The Heroes and Villains of the Chernobyl Disaster
NOTE: The following article appeared in the Fall, 1991 edition of Dispatch. We are including it as part of our spotlight on response to nuclear incidents

Book Review:

NOTE: The following article appeared in the Fall, 1991 edition of Dispatch. We are including it as part of our spotlight on response to nuclear incidents

Book Review:

The Heroes and Villains of the Chernobyl Disaster

The Truth About Chernobyl
By Grigori Medvedev
Translated by Evelyn Rossiter
Forward by Andrei Sakharov
New York: Basic Books. $22.95
By Gordon Massingham

It was a massive explosion- ten times the size of the Hiroshima bomb. It flung into the air 120 Tons of red hot nuclear fuel and more than 100 Tons of reactor graphite. The 500-Ton "biological shield" built over the reactor was hurled into air, crashing back down at an angle, leaving the reactor core exposed- spewing massive amounts of radiation. Flames shot 600 feet into the air. Fires started. Pieces of radioactive material were mashed into the structural debris. Almost 50 Tons of nuclear fuel were evaporated into dust, blown by the wind northwest across the Ukraine, Byelorussia, and the Baltic States.

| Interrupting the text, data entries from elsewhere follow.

-- ===== src/StagedDelete/Tombstones.antt =====
-- modules/file_mgr/staging.rs, recovery.rs: the tombstones, and which of them a scope drains.
use al.Prelude.{ℕ, ◌≡◌, refl, Bool, true, false, ◌&&◌, Option, List, [], ◌∷◌, ◌++◌, ◌==◌}
use al.Prelude.Utf8.{ascii}

-- The text of an id.
abbrev pub JobId : Type 0
JobId = List ℕ

pub data DeleteTombstone : Type 0 where
  dataset : JobId → ℕ → Option (List ℕ) → ℕ → ℕ → DeleteTombstone
  converter : JobId → ℕ → Option (List ℕ) → ℕ → ℕ → DeleteTombstone
  training_logs : JobId → ℕ → Option (List ℕ) → ℕ → DeleteTombstone
  converter_logs : JobId → ℕ → Option (List ℕ) → ℕ → DeleteTombstone
  workspace : JobId → ℕ → ℕ → DeleteTombstone

unfoldable pub job_id : DeleteTombstone → JobId
job_id (dataset job ws path revision created_at) = job
job_id (converter job ws path revision created_at) = job
job_id (training_logs job ws path created_at) = job
job_id (converter_logs job ws path created_at) = job
job_id (workspace job ws created_at) = job

abbrev pub dataset_tombstone_prefix : List ℕ
dataset_tombstone_prefix = ascii "delete-assets-"

abbrev pub converter_tombstone_prefix : List ℕ
converter_tombstone_prefix = ascii "delete-converters-"

abbrev pub training_logs_tombstone_prefix : List ℕ
training_logs_tombstone_prefix = ascii "delete-training-logs-"

abbrev pub converter_logs_tombstone_prefix : List ℕ
converter_logs_tombstone_prefix = ascii "delete-converter-logs-"

abbrev pub workspace_tombstone_prefix : List ℕ
workspace_tombstone_prefix = ascii "delete-workspace-"

-- `DeleteTombstone::prefix`
unfoldable pub prefix : DeleteTombstone → List ℕ
prefix (dataset job ws path revision created_at) = dataset_tombstone_prefix
prefix (converter job ws path revision created_at) = converter_tombstone_prefix
prefix (training_logs job ws path created_at) = training_logs_tombstone_prefix
prefix (converter_logs job ws path created_at) = converter_logs_tombstone_prefix
prefix (workspace job ws created_at) = workspace_tombstone_prefix

unfoldable pub filename : DeleteTombstone → List ℕ
unfolding prefix job_id
filename t = prefix t ++ job_id t ++ ascii ".json"

unfoldable pub stage_dir_name : DeleteTombstone → List ℕ
unfolding prefix job_id
stage_dir_name t = prefix t ++ job_id t

-- `StagingScope`, and the staging directory of the root.
pub data Scope : Type 0 where
  datasets converters training converting workspaces : Scope

unfoldable pub scope_prefix : Scope → List ℕ
scope_prefix datasets = dataset_tombstone_prefix
scope_prefix converters = converter_tombstone_prefix
scope_prefix training = training_logs_tombstone_prefix
scope_prefix converting = converter_logs_tombstone_prefix
scope_prefix workspaces = workspace_tombstone_prefix

-- `str::starts_with`
unfoldable pub starts_with : List ℕ → List ℕ → Bool
starts_with [] s = true
starts_with (p ∷ ps) [] = false
starts_with (p ∷ ps) (c ∷ cs) = p == c && starts_with ps cs

-- Whether `walk_staging` of a scope takes a name for one of its files, but for the extension.
unfoldable pub is_of : Scope → List ℕ → Bool
unfolding starts_with scope_prefix
is_of scope name = starts_with (scope_prefix scope) name

-- The scope whose deletes leave a tombstone.
unfoldable pub scope_of : DeleteTombstone → Scope
scope_of (dataset job ws path revision created_at) = datasets
scope_of (converter job ws path revision created_at) = converters
scope_of (training_logs job ws path created_at) = training
scope_of (converter_logs job ws path created_at) = converting
scope_of (workspace job ws created_at) = workspaces

unfoldable pub same_scope : Scope → Scope → Bool
same_scope datasets datasets = true
same_scope converters converters = true
same_scope training training = true
same_scope converting converting = true
same_scope workspaces workspaces = true
same_scope _ _ = false

-- A scope takes a tombstone's file, and the stage directory, for its own exactly if it is: no prefix
-- begins the names of another scope, whatever the id.
pub is_of-scope_of :
    (scope : Scope) (t : DeleteTombstone)
    → (is_of scope (filename t) ≡ same_scope scope (scope_of t))
      × (is_of scope (stage_dir_name t) ≡ same_scope scope (scope_of t))
unfolding is_of filename stage_dir_name scope_of same_scope
is_of-scope_of datasets (dataset j w p r c) = (refl, refl)
is_of-scope_of datasets (converter j w p r c) = (refl, refl)
is_of-scope_of datasets (training_logs j w p c) = (refl, refl)
is_of-scope_of datasets (converter_logs j w p c) = (refl, refl)
is_of-scope_of datasets (workspace j w c) = (refl, refl)
is_of-scope_of converters (dataset j w p r c) = (refl, refl)
is_of-scope_of converters (converter j w p r c) = (refl, refl)
is_of-scope_of converters (training_logs j w p c) = (refl, refl)
is_of-scope_of converters (converter_logs j w p c) = (refl, refl)
is_of-scope_of converters (workspace j w c) = (refl, refl)
is_of-scope_of training (dataset j w p r c) = (refl, refl)
is_of-scope_of training (converter j w p r c) = (refl, refl)
is_of-scope_of training (training_logs j w p c) = (refl, refl)
is_of-scope_of training (converter_logs j w p c) = (refl, refl)
is_of-scope_of training (workspace j w c) = (refl, refl)
is_of-scope_of converting (dataset j w p r c) = (refl, refl)
is_of-scope_of converting (converter j w p r c) = (refl, refl)
is_of-scope_of converting (training_logs j w p c) = (refl, refl)
is_of-scope_of converting (converter_logs j w p c) = (refl, refl)
is_of-scope_of converting (workspace j w c) = (refl, refl)
is_of-scope_of workspaces (dataset j w p r c) = (refl, refl)
is_of-scope_of workspaces (converter j w p r c) = (refl, refl)
is_of-scope_of workspaces (training_logs j w p c) = (refl, refl)
is_of-scope_of workspaces (converter_logs j w p c) = (refl, refl)
is_of-scope_of workspaces (workspace j w c) = (refl, refl)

It was the worst disaster of the still young nuclear age- what has become known as Chernobyl, though the disaster actually occurred near the small village of Pripiat, some ten miles from the larger city of Chernobyl.

The disaster occurred, ironically, while the reactor's safety systems were undergoing a test. Reactor Number 4 of the Lenin Nuclear Power Station was preparing to shut down for scheduled maintenance. The "inertial rundown experiment" was a test that would bypass the reactor's safety systems. The emergency core cooling system was disconnected.

The hot reactor caused a steam discharge so powerful that relief valves were destroyed and water lines ripped apart. The reactor's insulation was breached as well as the leaktight compartment designed to confine an accident. Chemical and exothermic reactions broke water down to its elements- hydrogen and oxygen, a highly explosive mixture. The hydrogen and oxygen bubble began to fill the leaktight compartment and then blew.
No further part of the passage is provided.